Mourinho fliegt raus: benfica droht doppelschlag nach porto-krawall
José Mourinho muss zweimal zuschauen. Der portugiesische Supercoach hat sich im Clássico gegen seinen Ex-Klub Porto so sehr in Rage gespielt, dass ihn die Liga für zwei Pflichtspiele sperrt – und das genau jetzt, wo Benfica den Anschluss an Spitzenreiter Sporting suchen muss.
Die Szene war schnell erzählt, die Folgen langwierig. In der 88. Minute flog Mourinho aus der Coaching-Zone, donnerte den Ball Richtung gegnerischer Bank und lieferte sich mit Portos Co-Trainer Lucho González ein verbale Schlagabtausch. „Verräter“ rief man ihm entgegen, weil er einst die blau-weiße Seite trainierte. Schiedsrichter João Pinheiro zückt Rot – und die Disziplinarkommission folgte gestern mit der zweifelhaften Ehre, Mourinho zum ersten Mal in seiner portugiesischen Rückkehr aus dem Spiel zu nehmen.
Elf tage sperre, zwei spiele pause
Die Strafliste liest sich knallhart: ein Spiel für den Platzverweis plus ein weiteres, wegen „unsportlichen Verhaltens“ nach Schlusspfiff. Dazwischen liegt ein 11-tägiges Berufsverbot, das Mourinho auch intern Trainingsleitungen und Medienrunden verbietet.
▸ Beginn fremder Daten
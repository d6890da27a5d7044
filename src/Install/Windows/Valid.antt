-- ===== src/Install/Windows/Valid.antt =====
-- Which user and group ids install-win32.c hands out, and what its start leaves behind.
use coreland_c_string.Base.{
  ◌++◌, drop, [], ◌+◌, ltb, leb, true, false, ◌≡◌, ◌≢◌, refl, ap, ◌∙◌, ◌⊎◌, inl, inr, Bool-cases,
  subst, Option, none, some, Bytes, lit, ℤ, pos, ◌==ℤ◌, of_bool,
}
use coreland_c_string.Install.Header.{
  Status, ok, error, UserNumber, GroupNumber, Permissions, null_uid,
}
use coreland_c_string.Install.Platform.{Platform}
use coreland_c_string.Install.Status.{install_status_assign}
use coreland_c_string.Install.Windows.{iwin32_init}
use coreland_c_string.Install.Windows.Api.{Win32, Statics, unlen, buffer_size}
use coreland_c_string.Install.Windows.Files.{Core, iwin32_can_set_ownership}
use coreland_c_string.Install.Windows.Sids.{
  is_null, iwin32_get_sid, iwin32_user_name_current, iwin32_uid_lookup, iwin32_uid_compare,
}
use coreland_c_string.Install.World.{World, M, Res, Fault, done, fault, proc}

error_not_ok : error ≢ ok
error_not_ok e = cc

module _ {T : Type 0} where
  -- A lookup comes to an id that is there, or to none with nothing stored; it does not stop.
  abbrev pub IsFound : Res (Statics T) (ℤ × ℤ) → Type 0
  IsFound (done found w) =
      ((found.0 ≡ pos 1) × (is_null found.1 ≡ false)) ⊎ ((found.0 ≡ pos 0) × (found.1 ≡ null_uid))
  IsFound (fault x) = ⊥

  -- `install_status_assign` of install-core.c on any platform, and any function that copies.
  abbrev pub install_core :
      Platform (Statics T)
      → (Bytes → Bytes → UserNumber → GroupNumber → Permissions → M (Statics T) Status)
      → Core (Statics T)
  install_core platform copy = record {
    assign_error = λ text. install_status_assign platform error (some text);
    file_copy = copy;
  }

  -- The platform has started from a world: if the status is OK, ".exe" was written over the
  -- suffix of programs, and the administrator is known.
  abbrev pub IsStarted : World (Statics T) → Res (Statics T) Status → Type 0
  IsStarted before (done status w) =
      status.status ≡ ok
      → (w.exec_suffix ≡ lit ".exe" ++ drop 4 before.exec_suffix)
        × (is_null w.os.administrator_id ≡ false)
  IsStarted before (fault x) = Unit

  Res-cases :
      {A : Type 0} (r : Res (Statics T) A)
      → ((a : A) × (w : World (Statics T)) × (r ≡ done a w)) ⊎ ((x : Fault) × (r ≡ fault x))
  Res-cases (done a w) = inl (a, w, refl)
  Res-cases (fault x) = inr (x, refl)

  module _ (win : Win32 T) where
    -- A lookup of a user into a null id returns one exactly with an id that is not null, and
    -- leaves the id null where it returns zero; it fails no assertion.
    pub iwin32_uid_lookup-IsFound :
        (name : Bytes) (w : World (Statics T)) → IsFound (iwin32_uid_lookup win name null_uid w)
    unfolding iwin32_uid_lookup iwin32_get_sid
    iwin32_uid_lookup-IsFound name w =
        let found = win.malloc buffer_size w.os.api in
        elim (Bool-cases (is_null found.0)) [
          | inl empty ↦ rw (IsFound, empty) (inr (refl, refl))
          | inr there ↦ elim (Bool-cases (win.lookup_account_name name found.0 found.1).0) [
            | inl looked_up ↦ rw (IsFound, there, looked_up) (inl (refl, there))
            | inr unknown ↦ rw (IsFound, there, unknown) (inr (refl, refl))
          ]
        ]

    -- What a name that was returned leaves behind.
    abbrev IsFetched : Res (Statics T) (Option Bytes) → Type 0
    IsFetched (done none w) = Unit
    IsFetched (done (some name) w) = (w.os.user_name_fetched ≡ true) × (w.os.user_name ≡ name)
    IsFetched (fault x) = Unit

    current-IsFetched : (w : World (Statics T)) → IsFetched (iwin32_user_name_current win w)
    unfolding iwin32_user_name_current
    current-IsFetched w =
        let got = win.get_user_name w.os.user_name_size w.os.api in
        elim (Bool-cases w.os.user_name_fetched) [
          | inl fetched ↦ rw (IsFetched, fetched) (refl, refl)
          | inr new ↦ elim (Bool-cases got.0.0) [
            | inl gives ↦ elim (Bool-cases (ltb 0 got.0.2)) [
              | inl some_size ↦ elim (Bool-cases (leb got.0.2 (unlen + 1))) [
                | inl fits ↦ rw (IsFetched, new, gives, some_size, fits) (refl, refl)
                | inr long ↦ rw (IsFetched, new, gives, some_size, long) tt
              ]
              | inr no_size ↦ rw (IsFetched, new, gives, no_size) tt
            ]
            | inr fails ↦ rw (IsFetched, new, fails) tt
          ]
        ]

    fetched_again :
        (w : World (Statics T))
        → w.os.user_name_fetched ≡ true
        → iwin32_user_name_current win w ≡ done (some w.os.user_name) w
    unfolding iwin32_user_name_current
    fetched_again w h = rw h refl

    -- Once the user's name was fetched, it is returned again without a call of Windows and
    -- without a change of the state.
    user_name_again :
        (w w' : World (Statics T)) (name : Bytes)
        → iwin32_user_name_current win w ≡ done (some name) w'
        → iwin32_user_name_current win w' ≡ done (some name) w'
    user_name_again w w' name h =
        let (fetched, same) = subst IsFetched h (current-IsFetched w) in
        fetched_again w' fetched ∙ ap (λ n. done (some n) w') same

    module _ (platform : Platform (Statics T))
        (copy : Bytes → Bytes → UserNumber → GroupNumber → Permissions → M (Statics T) Status) where
      abbrev core : Core (Statics T)
      core = install_core platform copy

      init-IsStarted :
          (w : World (Statics T))
          → w.os.administrator_id ≡ null_uid
          → IsStarted w (iwin32_init win core w)
      unfolding iwin32_init iwin32_uid_lookup iwin32_get_sid install_status_assign
      init-IsStarted w unset =
          let found = win.malloc buffer_size w.os.api in
          let null = ap is_null unset in
          let known = win.lookup_account_name (lit "Administrator") found.0 found.1 in
          elim (Bool-cases (is_null found.0)) [
            | inl empty ↦
                elim (Res-cases (
                  platform.error_message_current
                    (record w { os = record w.os { api = found.1 } }))) [
                      | inl (text, w2, says) ↦
                          rw (IsStarted, null, empty, says) (λ is_ok. absurd (error_not_ok is_ok))
                      | inr (x, stops) ↦ rw (IsStarted, null, empty, stops) tt
                    ]
            | inr there ↦ elim (Bool-cases known.0) [
              | inl looked_up ↦ rw (IsStarted, null, there, looked_up) (λ _. (refl, there))
              | inr unknown ↦
                  elim (Res-cases (
                    platform.error_message_current
                      (record w { os = record w.os { api = known.1 } }))) [
                        | inl (text, w2, says) ↦
                            rw (IsStarted, null, there, unknown, says)
                              (λ is_ok. absurd (error_not_ok is_ok))
                        | inr (x, stops) ↦ rw (IsStarted, null, there, unknown, stops) tt
                      ]
            ]
          ]

      -- On Windows, with `install_status_assign` of install-core.c on any platform, from a suffix of
      -- programs that is empty and an administrator that is not known: where the start returns OK, programs end in ".exe" from there on, and the question whether a user that is
      -- not null can set ownership is answered by one comparison with the administrator, and fails
      -- no assertion.
      pub init-can_set_ownership :
          (w w' : World (Statics T)) (status : Status) (uid : UserNumber)
          → w.os.administrator_id ≡ null_uid
          → w.exec_suffix ≡ []
          → iwin32_init win core w ≡ done status w'
          → status.status ≡ ok
          → is_null uid ≡ false
          → (w'.exec_suffix ≡ lit ".exe")
            × (iwin32_can_set_ownership win uid w'
                ≡ done
                    (of_bool ((win.equal_sid uid w'.os.administrator_id w'.os.api).0 ==ℤ pos 1))
                    (record w' {
                      os = record w'.os {
                        api = (win.equal_sid uid w'.os.administrator_id w'.os.api).1;
                      };
                    }))
      unfolding iwin32_can_set_ownership iwin32_uid_compare lit
      init-can_set_ownership w w' status uid unset no_suffix started is_started valid =
          let (suffix, administrator) =
            subst (IsStarted w) started (init-IsStarted w unset) is_started in
          (
            suffix ∙ ap (λ old. lit ".exe" ++ drop 4 old) no_suffix,
            rw (valid) (rw (proc, administrator) refl),
          )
Er fehlt definitiv beim Auswärtsspiel am Samstag in Arouca (21.30 Uhr) und am 21. März gegen Vitória Guimarães. Bei zwei Siegen könnte Benfica bis auf zwei Punkte an Sporting herankommen – ohne ihren Chefstrategen an der Seitenlinie.
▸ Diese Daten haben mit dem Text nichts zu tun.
-- ===== src/Sysdeps.antt =====
-- The C programs of SYSDEPS, which the build runs to learn about the system.
pub mod Ccversion
pub mod Cpuidx86
pub mod Locker
pub mod Probes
Der Klub kündigte sofort Widerspruch an und spricht von „willkürlicher, überzogener Maßnahme“. Tatsächlich zeigen TV-Bilder, wie González Mourinho zuvor provoziert, indem er in Richtung Benfica-Bank klatscht und pfeift. Mourinho selbst beharrt darauf, den Ball „nur auf die Tribüne“ schießen zu wollen. Die Argumentation klingt nach bewährter Mourinho-Masche: Er wolle sich bloß von der brisanten Atmosphäre lösen, nicht eskalieren.

Benficas saison hängt an einem seidenen faden
Die Zahlen sind gnadenlos: Seit Mourinho im Januar das Ruder übernahm, holte Benfica 16 von 21 möglichen Punkten, kassierte aber auch bereits zwei Rote Karten – eine davon eben dem Coach selbst. Ohne ihn auf der Bank verlor der Klub in den vergangenen fünf Jahren 28 Prozent der Partien, mit ihm nur 12. Die Psychologie seiner Anwesenheit ist ein Erfolgsfaktor, den die jungen Spieler wie António Silva und João Neves längst internalisiert haben.
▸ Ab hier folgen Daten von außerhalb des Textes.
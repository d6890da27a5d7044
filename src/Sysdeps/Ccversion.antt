-- ===== src/Sysdeps/Ccversion.antt =====
-- sd-ccversion.c: the version of the compiler, from the macros that it defines.
pub mod Schemes
pub mod Decoded
use coreland_c_string.Base.{
  ℕ, ◌+◌, ◌-◌, ◌*◌, ◌/◌, ◌%◌, ◌^◌, Bool, true, false, ◌&&◌, ◌||◌, List, [], ◌∷◌, ◌++◌, Bytes, lit,
  decimal, if◌then◌else◌,
}

-- What the preprocessor knows: which macros are defined, and their values.
pub record Macros : Type 0 where
  pub defined : Bytes → Bool
  pub value : Bytes → ℕ

-- The global variables, of 32 bits without a sign.
pub record Version : Type 0 where
  pub ver_major : ℕ
  pub ver_minor : ℕ
  pub ver_patch : ℕ
  pub ver : ℕ

-- The product and the difference of two `unsigned int`.
unfoldable pub mul32 : ℕ → ℕ → ℕ
mul32 a b = (a * b) % 2 ^ 32

unfoldable pub sub32 : ℕ → ℕ → ℕ
sub32 a b = (a + 2 ^ 32 - b) % 2 ^ 32

unfoldable pub hex_decode_tri : ℕ → Version → Version
unfolding mul32 sub32
hex_decode_tri ver v =
    let major = ver / 0x100 in
    let below_major = sub32 ver (mul32 major 0x100) in
    let minor = below_major / 0x010 in
    let below_minor = sub32 below_major (mul32 minor 0x010) in
    record v { ver_major = major; ver_minor = minor; ver_patch = below_minor }

unfoldable pub dec_decode_tri : ℕ → Version → Version
unfolding mul32 sub32
dec_decode_tri ver v =
    let major = ver / 100 in
    let below_major = sub32 ver (mul32 major 100) in
    let minor = below_major / 10 in
    let below_minor = sub32 below_major (mul32 minor 10) in
    record v { ver_major = major; ver_minor = minor; ver_patch = below_minor }

-- One statement after another.
infixl 5 ◌>>◌
abbrev pub ◌>>◌ : (Version → Version) → (Version → Version) → Version → Version
◌>>◌ first second v = second (first v)

-- `ver = n;`
unfoldable pub load : ℕ → Version → Version
load n v = record v { ver = n }

-- `ver_major = ver / unit; ver -= ver_major * unit;`
unfoldable pub take_major : ℕ → Version → Version
unfolding mul32 sub32
take_major unit v =
    let major = v.ver / unit in record v { ver_major = major; ver = sub32 v.ver (mul32 major unit) }

-- `ver_minor = ver / unit; ver -= ver_minor * unit;`
unfoldable pub take_minor : ℕ → Version → Version
unfolding mul32 sub32
take_minor unit v =
    let minor = v.ver / unit in record v { ver_minor = minor; ver = sub32 v.ver (mul32 minor unit) }

-- `ver -= (ver / unit) * unit;`
unfoldable pub drop_above : ℕ → Version → Version
unfolding mul32 sub32
drop_above unit v = record v { ver = sub32 v.ver (mul32 (v.ver / unit) unit) }

unfoldable pub set_major : ℕ → Version → Version
set_major n v = record v { ver_major = n }

unfoldable pub set_minor : ℕ → Version → Version
set_minor n v = record v { ver_minor = n }

unfoldable pub set_patch : ℕ → Version → Version
set_patch n v = record v { ver_patch = n }

-- `ver_minor = ver;`
unfoldable pub rest_minor : Version → Version
rest_minor v = record v { ver_minor = v.ver }

-- `ver_patch = ver;`
unfoldable pub rest_patch : Version → Version
rest_patch v = record v { ver_patch = v.ver }

-- `ver_patch = ver / unit;`
unfoldable pub patch_over : ℕ → Version → Version
patch_over unit v = record v { ver_patch = v.ver / unit }

module _ (macros : Macros) where
  -- A macro as an `unsigned int`.
  abbrev pub number : Bytes → ℕ
  number macro = macros.value macro % 2 ^ 32

  -- `hex_decode_tri (macro);`
  abbrev pub hex : Bytes → Version → Version
  hex macro v = hex_decode_tri (number macro) v

  -- `dec_decode_tri (macro);`
  abbrev pub dec : Bytes → Version → Version
  dec macro v = dec_decode_tri (number macro) v

  -- The decoders that are written out in the blocks, for the macro that is loaded.
  abbrev pub compaq : Bytes → Version → Version
  compaq macro = do
    load (number macro)
    take_major 10000000
    take_minor 100000
    drop_above 10000
    rest_patch

  abbrev pub parts : ℕ → ℕ → Bytes → Version → Version
  parts major_unit minor_unit macro = do
    load (number macro)
    take_major major_unit
    take_minor minor_unit
    rest_patch

  abbrev pub pair : ℕ → Bytes → Version → Version
  pair major_unit macro = do load (number macro); take_major major_unit; rest_minor; set_patch 0

  abbrev pub no_patch : ℕ → ℕ → Bytes → Version → Version
  no_patch major_unit minor_unit macro = do
    load (number macro)
    take_major major_unit
    take_minor minor_unit
    set_patch 0

  abbrev pub palm : Bytes → Version → Version
  palm macro = do load (number macro); take_major 0x1000000; take_minor 0x100000; patch_over 0x1000

  -- The compilers that have a macro for each number.
  abbrev pub cray : Version → Version
  cray = do set_major (number (lit "_RELEASE")); set_minor (number (lit "_RELEASE_MINOR"))

  abbrev pub djgpp : Version → Version
  djgpp = do set_major (number (lit "__DJGPP__")); set_minor (number (lit "__DJGPP_MINOR__"))

  abbrev pub ekopath : Version → Version
  ekopath = do
    set_major (number (lit "__PATHCC__"))
    set_minor (number (lit "__PATHCC_MINOR__"))
    set_patch (number (lit "__PATHCC_PATCHLEVEL__"))

  abbrev pub gnu_c : Version → Version
  gnu_c = do
    set_major (number (lit "__GNUC__"))
    set_minor (number (lit "__GNUC_MINOR__"))
    if macros.defined (lit "__GNUC_PATCHLEVEL__")
        then set_patch (number (lit "__GNUC_PATCHLEVEL__"))
        else set_patch 0

  abbrev pub mingw : Version → Version
  mingw = do
    set_major (number (lit "__MINGW32_MAJOR_VERSION"))
    set_minor (number (lit "__MINGW32_MINOR_VERSION"))
    set_patch 0

  abbrev pub pcc : Version → Version
  pcc = do
    set_major (number (lit "__PCC__"))
    set_minor (number (lit "__PCC_MINOR__"))
    set_patch (number (lit "__PCC_MINORMINOR__"))

  abbrev pub ultimate : Version → Version
  ultimate = do
    set_major (number (lit "_MAJOR_REV"))
    set_minor (number (lit "_MINOR_REV"))
    set_patch 0

-- A block between `#if` and `#endif`: one of each list of macros is defined.
pub record Block : Type 0 where
  pub condition : List (List Bytes)
  pub body : Macros → Version → Version

-- `#if defined (macro)`
abbrev on : Bytes → (Macros → Version → Version) → Block
on macro body = record { condition = (macro ∷ []) ∷ []; body = body }

abbrev when : List (List Bytes) → (Macros → Version → Version) → Block
when condition body = record { condition = condition; body = body }

abbrev any_of : Macros → List Bytes → Bool
any_of macros [] = false
any_of macros (m ∷ rest) = macros.defined m || any_of macros rest

-- What the preprocessor decides.
unfoldable pub holds : Macros → List (List Bytes) → Bool
holds macros [] = true
holds macros (alternatives ∷ rest) = any_of macros alternatives && holds macros rest

-- The blocks of `main` from Borland's to Intel's, in their order.
abbrev blocks_b_to_i : List Block
blocks_b_to_i =
    on (lit "__BORLANDC__") (λ ms. hex ms (lit "__BORLANDC__"))
    ∷ on (lit "__COMO_VERSION__") (λ ms. dec ms (lit "__COMO_VERSION__"))
    ∷ on (lit "__DECC_VER") (λ ms. compaq ms (lit "__DECC_VER"))
    ∷ on (lit "__DECCXX_VER") (λ ms. compaq ms (lit "__DECCXX_VER"))
    ∷ on (lit "_CRAY") cray
    ∷ on (lit "__DMC__") (λ ms. hex ms (lit "__DMC__"))
    ∷ on (lit "__DJGPP__") djgpp
    ∷ on (lit "__PATHCC__") ekopath
    ∷ on (lit "__EDG__") (λ ms. dec ms (lit "__EDG_VERSION__"))
    ∷ on (lit "__GNUC__") gnu_c
    ∷ on (lit "__ghs__") (λ ms. dec ms (lit "__GHS_VERSION_NUMBER__"))
    ∷ on (lit "__HP_aCC") (λ ms. parts ms 10000 100 (lit "__HP_aCC"))
    ∷ on (lit "__xlC__") (λ ms. hex ms (lit "__xlC__"))
    ∷ on (lit "__IBMC__") (λ ms. dec ms (lit "__IBMC__"))
    ∷ on (lit "__IBMCPP__") (λ ms. dec ms (lit "__IBMCPP__"))
    ∷ on (lit "__IAR_SYSTEMS_ICC__") (λ ms. pair ms 100 (lit "__VER__"))
    ∷ on (lit "__INTEL_COMPILER") (λ ms. dec ms (lit "__INTEL_COMPILER"))
    ∷ []

-- The blocks from KAI's to Watcom's.
abbrev blocks_k_to_w : List Block
blocks_k_to_w =
    on (lit "__KCC") (λ ms. parts ms 0x1000 0x100 (lit "__KCC_VERSION"))
    ∷ on (lit "__CA__") (λ ms. pair ms 100 (lit "__CA__"))
    ∷ on (lit "__C166__") (λ ms. pair ms 100 (lit "__C166__"))
    ∷ on (lit "__C51__") (λ ms. pair ms 100 (lit "__C51__"))
    ∷ on (lit "__MWERKS__") (λ ms. parts ms 0x1000 0x0100 (lit "__MWERKS__"))
    ∷ on (lit "__MINGW32__") mingw
    ∷ when ((lit "__sgi" ∷ lit "sgi" ∷ []) ∷ (lit "_SGI_COMPILER_VERSION" ∷ []) ∷ [])
        (λ ms. parts ms 100 10 (lit "_SGI_COMPILER_VERSION"))
    ∷ when ((lit "__sgi" ∷ lit "sgi" ∷ []) ∷ (lit "_COMPILER_VERSION" ∷ []) ∷ [])
        (λ ms. parts ms 100 10 (lit "_COMPILER_VERSION"))
    ∷ when ((lit "__MRC__" ∷ lit "MPW_C" ∷ lit "MPW_CPLUS" ∷ []) ∷ [])
        (λ ms. no_patch ms 0x100 0x10 (lit "__MRC__"))
    ∷ on (lit "_PACC_VER") (λ ms. palm ms (lit "_PACC_VER"))
    ∷ on (lit "__POCC__") (λ ms. dec ms (lit "__POCC__"))
    ∷ on (lit "__PCC__") pcc
    ∷ on (lit "SDCC") (λ ms. dec ms (lit "SDCC"))
    ∷ on (lit "__SUNPRO_C") (λ ms. hex ms (lit "__SUNPRO_C"))
    ∷ on (lit "__SUNPRO_CC") (λ ms. hex ms (lit "__SUNPRO_CC"))
    ∷ on (lit "__SYSC__") (λ ms. parts ms 10000 1000 (lit "__SYSC_VER__"))
    ∷ on (lit "_UCC") ultimate
    ∷ on (lit "__WATCOMC__") (λ ms. no_patch ms 100 10 (lit "__WATCOMC__"))
    ∷ []

-- The blocks of `main`.
unfoldable pub blocks : List Block
blocks = blocks_b_to_i ++ blocks_k_to_w

-- The statements that the preprocessor leaves.
unfoldable pub run_blocks : Macros → List Block → Version → Version
unfolding holds
run_blocks macros [] v = v
run_blocks macros (b ∷ rest) v =
    run_blocks macros rest (if holds macros b.condition then b.body macros v else v)

-- The start of `main`, where the decoders are only called to be used.
abbrev pub start : Version → Version
start = do hex_decode_tri 1; dec_decode_tri 1; set_major 0; set_minor 0; set_patch 0; load 0

-- `printf ("%u.%u.%u\n", …)`
unfoldable pub version_line : ℕ → ℕ → ℕ → Bytes
version_line major minor patch =
    decimal major ++ (lit "." ++ (decimal minor ++ (lit "." ++ (decimal patch ++ lit "\n"))))

-- The global variables in front of the blocks; a static variable starts at 0.
abbrev pub first_version : Version
first_version = start (record { ver_major = 0; ver_minor = 0; ver_patch = 0; ver = 0 })

-- What `main` prints.
unfoldable pub print_version : Macros → Bytes
unfolding run_blocks version_line blocks
print_version macros =
    let v = run_blocks macros blocks first_version in
    version_line v.ver_major v.ver_minor v.ver_patch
Doch genau diese mentale Kante fehlt nun. Interimscoach Salvador Vilar ist ein taktischer Analyst, kein Motivationsredner. Die Lissaboner Presse fragt schon laut, ob die Saison noch zu retten ist, sollte Sporting unterdessen gegen Estoril und Portimonense punkten. Die Meisterschaft entscheidet sich traditionell in den letzten sieben Spieltagen – und Benfica muss nun zwei davon ohne ihren größten Trumpf bestreiten.
Mourinho bleibt also, zumindest physisch, außen vor. Stattdellen wird er sich in sein Büro zurückziehen, Analysen schreiben und per Knopf im Ohr kommunizieren. Die Frage ist nur, ob seine Stimme durch die Wände der Kabine dringt, wenn in Arouca der Schiedsrichter pfeift. Die Antwort darauf entscheidet über Triumph oder Tal der Tränen – und damit über sein erstes halbes Jahr im Stadion da Luz.